THE C. F. SMITH LIVERY AND TRANSFER COMPANY, at Appleton, Wisconsin, was incorporated in March, 1905, for $10,000, and was later increased to $20,000. Henry Renter purchased the controlling stock in the corporation, and to his business ability in the management of the affairs the concern is largely indebted for its phenomenal growth and success. This company took over the business established by Mr. Smith some twenty years ago. In 1906 the present building was erected, and is, in all probability, the finest establishment of its kind in the State of Wisconsin. It is of brick construction, 48x125 feet, three stories and basement. The latter, in which the horses are kept, is one-third above ground. The first floor is devoted to the office, harness and cleaning rooms, and in front is a wide entrance for driving in and out of the building. The second floor is the vehicle repository, and the third floor is used for the storage of feed, carriages, etc. The building is equipped with an electric elevator and is modern and up-to-date in all respects. In addition to conducting a general livery business the concern operates seven hacks, a funeral car, cab and coach, furnishes employment for ten men and keeps an average of twenty-eight horses in use. The company is noted for its excellent stock, and as an evidence of this secured first premium for the best single driver at the Fox River Fair Association in 1911. The officers of the company are, C. F. Smith, president, and Henry Renter, secretary and treasurer.

Wisconsin Tissue Paper Company
Source: History of Outagamie County Wisconsin, Goodspeed Historical Association Publishers, (1911) pages 687-688; submitted by Mary Saggio.

WISCONSIN TISSUE PAPER COMPANY. One of the large manufacturing companies of Appleton, Wisconsin, is the Wisconsin Tissue Paper Company, which was organized under the State laws in 1898 for the manufacture of tissue and light weight paper. This concern was founded by Lamar Olmstead, president, and William Gerbrick, and during the same year was incorporated, and the officers at the present time are Lamar Olmstead, president; M. A. Wertheimer, vice-president; C. W. Stribley, treasurer; J. E. Thomas, secretary, and J. J. Herb, superintendent. The company uses two machines, producing ten tons of tissue and light weight wrapping paper for wrapping fruit, paper napkins, toilet, etc., and employs forty-five men, the product being sold all over the United States. The buildings of the concern, which have been erected from time to time as the increase in business demanded more space, are in dimension as follows: One story and basement, 100x70 feet; two story and basement, 107x64 feet; and one story and basement, 64x32 feet; boiler house, 30x40 feet; two story and basement, 32x42 feet, in addition to the company office. A side-track furnishes rapid communication to the railroads and insures a speedy means of transportation. The company uses 350 horsepower in operating this plant, and the old method of water power has been supplanted almost entirely by steam and electricity.

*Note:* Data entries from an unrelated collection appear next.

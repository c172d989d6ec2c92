-- ===== src/Binary/Tags/RoundTrip.antt =====
-- A tag of a binary grammar is read back as it was written.
use mathlib.Core.Path.{fun_ext}
use vislcg.Base.{length, ℕ, ◌*◌, ◌<◌, ◌≡◌, refl, ap, ◌≢◌, Bool, some, List, [], ◌∷◌, arith, word}
use vislcg.Binary.{
  after, Text, ◌>>=◌, pure, guard, put32, read32, put_each, put_vector, All, Restores, then_lem,
  read32-put32, read_bytes-append,
}
use vislcg.Binary.Fields.{
  Double, Platform, nonzero, mask, put_if, put_all, field, put_text, bit-mask, mask-lt,
  field-put_if, field-nonzero, field-text, field-put_some, read_some, put_double, read_double,
  read_double-put_double, IsVector, field-put_some_vector,
}
use vislcg.Binary.Tags.{
  read_op, Regexp, Tag, t_grammar, tag_flags, write_tag, read_regexp, read_name, push_name,
  read_names, read_vs_names, read_tag_fields, read_tag, IsName, IsRegexp, IsTag,
}

read_regexp-put_text :
    (pf : Platform) (icase : Bool) (r : Regexp)
    → IsRegexp pf icase r
    → Restores (read_regexp pf icase) (put_text pf r.pattern) (some r)
unfolding read_regexp put_text pure guard
read_regexp-put_text pf icase r w rest =
    then_lem _ _ (read32-put32 (length (pf.encode r.pattern)) (omega (arith, w.converts.fits)) _) (
      rw (w.converts.has_bytes w.is_nonempty) (
        then_lem _ _ (read_bytes-append (pf.encode r.pattern) rest)
          (rw (w.converts.decode_encode, w.is_compiled, w.same_case) (then_lem _ _ refl refl))))

read_name-put_text :
    (pf : Platform) (s : Text) → IsName pf s → Restores (read_name pf) (put_text pf s) (some s)
unfolding read_name put_text pure
read_name-put_text pf s w rest =
    then_lem _ _ (read32-put32 (length (pf.encode s)) (omega (arith, w.converts.fits)) _) (
      rw (w.converts.has_bytes w.is_nonempty)
        (then_lem _ _ (read_bytes-append (pf.encode s) rest) (rw (w.converts.decode_encode) refl)))

read_names-put_each :
    (pf : Platform) (ns : List Text)
    → All (IsName pf) ns
    → Restores (read_names pf (length ns)) (put_each (put_text pf) ns) ns
unfolding read_names put_each pure push_name
read_names-put_each pf [] a rest = refl
read_names-put_each pf (n ∷ ns) (w, ws) rest =
    then_lem _ _ (read_name-put_text pf n w _)
      (then_lem _ _ (read_names-put_each pf ns ws rest) refl)

type_field :
    (n : ℕ)
    → n < word
    → n ≢ 0
    → Restores (field (nonzero n) t_grammar read32) (put_if (nonzero n) (put32 n)) n
unfolding nonzero
type_field n h z = field-put_if _ _ _ _ n (λ e. read32-put32 n h) (λ e. ground arith)

op_field :
    (n : ℕ) → n < 256 → Restores (field (nonzero n) 0 read_op) (put_if (nonzero n) (put32 n)) n
unfolding nonzero read_op pure
op_field n h =
    field-put_if _ _ _ _ n
      (λ e rest.
        then_lem _ _ (read32-put32 n (omega (arith, h)) rest)
          (ap (λ m. some (m, rest)) (omega (arith, h))))
      (λ e. ground arith)

read_vs_names-put_vector :
    (pf : Platform) (ns : List Text)
    → IsVector (IsName pf) ns
    → Restores (read_vs_names pf) (put_vector (put_text pf) ns) (some ns)
unfolding read_vs_names put_vector pure
read_vs_names-put_vector pf ns v rest =
    then_lem _ _ (read32-put32 (length ns) v.short _)
      (then_lem _ _ (read_names-put_each pf ns v.all rest) refl)

abbrev double : ℕ → ℕ → Double
double m e = record { mant64 = m; exp32 = e }

zero_double : (m e : ℕ) → m ≡ 0 → e ≡ 0 → double 0 0 ≡ double m e
zero_double m e h k = rw (h, k) refl

read_value-put_if :
    (d : Double)
    → d.mant64 < word * word
    → d.exp32 < word
    → (d.mant64 ≡ 0 → d.exp32 ≡ 0)
    → Restores
        (field (nonzero d.mant64) (record { mant64 = 0; exp32 = 0 }) read_double)
        (put_if (nonzero d.mant64) (put_double d))
        d
unfolding nonzero
read_value-put_if d h k z =
    field-put_if _ _ _ _ d (λ e. read_double-put_double d h k)
      (λ e. zero_double d.mant64 d.exp32 (ground arith) (z (ground arith)))

-- A well-formed tag that has been written is read back, and reading stops where the tag ends.
pub read_tag-write_tag :
    (pf : Platform) (t : Tag) → IsTag pf t → Restores (read_tag pf) (write_tag pf t) t
unfolding read_tag write_tag tag_flags put_all pure read_tag_fields ◌>>=◌ after field read_some
read_tag-write_tag pf t w rest =
    rw
      (
        read32-put32 (mask (tag_flags t)) (omega (arith, mask-lt (tag_flags t))),
        fun_ext (bit-mask (tag_flags t)),
        field-nonzero t.number w.number,
        field-nonzero t.hash w.hash,
        field-nonzero t.plain_hash w.plain_hash,
        field-nonzero t.seed w.seed,
        type_field t.type w.type w.type_nonzero,
        field-nonzero t.comparison_hash w.comparison_hash,
        op_field t.comparison_op w.comparison_op,
        read_value-put_if t.comparison_val w.mant64 w.exp32 w.zero_exp32,
        field-text pf t.tag w.tag,
        field-put_some _ _ t.regexp (λ r e. read_regexp-put_text pf _ r (w.regexp r e)),
        field-put_some_vector _ _ _ t.vs_sets read32-put32 w.vs_sets,
        field-put_some _ _ t.vs_names (λ ns e. read_vs_names-put_vector pf ns (w.vs_names ns e)),
      )
      refl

Joseph Thomas, secretary of this concern, and one of the well known men of the Wisconsin paper trade, was born in Michigan in 1872, a son of Joseph C. and Mary A. Thomas came to Appleton in 1890 and attended Lawrence University and a business college, after which he entered the employ of the Kaukauna Fiber Company, as stenographer. At the time of the organization of the Pulp Wood Company, he became stenographer and bookkeeper, and continued with this firm until 1895, when he went to Nekoosa, Wisconsin, and until 1904 was connected with the Nekoosa Paper Company. In the latter year he returned to Appleton to accept the position of manager and secretary of the Wisconsin Tissue Paper Company, with which firm he has since been connected. In 1900, Mr. Thomas was married to Lela Treat, of Grand Rapids, Wisconsin, and they have three children. Mr. Thomas is a member of the Masons and the Elks.